Despite many hardships the community grew and was not long in becoming the site of
several Canadian 'firsts". The first newspaper in Canada, the Halifax "Gazette", appeared
in 1752 and Canada's first Post Office began operations in Halifax in 1755. The year 1758
saw the first representative assembly meet in Halifax, while in the some year began the
community's long association with naval affairs when a dockyard was completed. In 1759
Halifax served as a base for the British operations against the French fort at Louisburg.

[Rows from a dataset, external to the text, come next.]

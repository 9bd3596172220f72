-- ===== src/Base/Result.antt =====
-- Go's `(value, error)` results, and the errors of the source.
use mathlib.Core.Path.{◌≡◌, refl}
use mathlib.Core.Bool.{Bool, true, false}
use mathlib.Core.Option.{Option, none, some}

-- One constructor for each error value of the source. The second line holds the errors that the
-- standard library returns where the source passes them on.
pub data Error : Type 0 where
  signing_key_not_initialized invalid_marshaled_length bad_file_nonce : Error
  bad_json bad_ciphertext bad_cipher_key bad_public_key low_order_point no_entropy : Error
  too_many_skipped no_prekeys bad_prekey_signature bad_transfer_key bad_nonce_size : Error
  missing_or_duplicate_chunk size_mismatch integrity_check_failed expected_file_offer : Error
  key_changed unknown_handle blob_not_found write_failed read_failed bad_store_key empty_path :
      Error
  nil_pointer not_implemented would_block ciphertext_too_short peer_not_found closed
        identity_mismatch missing_bundle missing_handshake no_initiator_handshake bad_uri
        not_contact_uri bad_key_encoding wrong_key_length short_frame no_reply_peer cancelled
        open_timeout channel_timeout bad_capacity :
      Error

pub data Result {ℓ} (T : Type ℓ) : Type ℓ where
  err : Error → Result T
  ok : T → Result T

infixl 5 ◌>>=◌ ◌>>◌
abbrev pub ◌>>=◌ {ℓ κ} : {T : Type ℓ} {U : Type κ} → Result T → (T → Result U) → Result U
err e >>= next = err e
ok t >>= next = next t

abbrev pub ◌>>◌ {ℓ} : {U : Type ℓ} → Result (Unit {0}) → Result U → Result U
r >> next = r >>= λ _. next

-- `if !test { return err }`
abbrev pub check : Bool → Error → Result (Unit {0})
check true e = ok tt
check false e = err e

abbrev pub or_err {ℓ} : {A : Type ℓ} → Option A → Error → Result A
or_err none e = err e
or_err (some a) e = ok a

pub ok_injective {ℓ} : {A : Type ℓ} (a b : A) → ok a ≡ ok b → a ≡ b
ok_injective a b h = cc

-- Inversion of `if !test { return err }` in front of a successful result.
pub check-ok {ℓ} :
    {A : Type ℓ} (t : Bool) (e : Error) (m : Result A) {a : A}
    → (check t e >> m) ≡ ok a
    → (t ≡ true) × (m ≡ ok a)
check-ok true e m h = (refl, h)
check-ok false e m h = absurd (cc)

Wars and periods of international unrest contributed a good deal towards the
development and prosperity of HRM over the years. The Seven Years' War (of which the
siege of Louisburg was one campaign) was the first such instance. Close on its heels in
the 1770's followed the War of American Independence which saw Halifax again a base of
military and naval operations. Many Loyalists flocked to the Greater Halifax area during
this period. From 1785-1792, Dartmouth was headquarters of a whaling company
established when Quaker families moved from the Island of Nantucket - a number of
Quaker buildings still stand in Dartmouth.

Large numbers of black loyalists settled in the area, followed by a contingent of Maroons
from Jamaica, building a strong and vibrant black heritage.

The rise to power in France of Napoleon Bonaparte caused Britain to keep her Atlantic
bastion alert and ready to repulse possible attack. Once again, in 1812, Halifax was
brought to the state of readiness to meet assault this time from our good neighbor to the
south.

The early years of the 19th Century saw HRM developing in the ways of peace as well as
war. To touch only a few of the highlights one notes the formation of the Halifax
Insurance Company in 1809, the first steamship crossing of the Atlantic by the 'Royal
William' from Halifax in 1837, and the founding on one of Canada's leading institutions,
the Bank of Nova Scotia, in 1832. The inauguration of regular transatlantic Steamship
service via the Cunard liner S.S. 'Britannia' took place in 1840. A telephone system was
installed in 1882. City Hall opened its doors in 1890. During the World War 1 years
Halifax was a major centre of naval operations and few will forget the dreadful explosion
of 1917 that devastated a major part of Halifax peninsula. The Trans-Atlantic telegraph
was anchored at Halifax in 1925 and Trans Canada Airways commenced operations
between Halifax and Vancouver in 1941. Some twenty years later, in 1960, HRM's
International Airport opened to serve another generation of air travelers.

While the threat of attack disappeared with the passing of the years, no one will forget
the extremely important role played by HRM from 1914 to 1918 and again from 1939 to
1945 as the western anchor of the vital war convoy routes which spanned the Atlantic.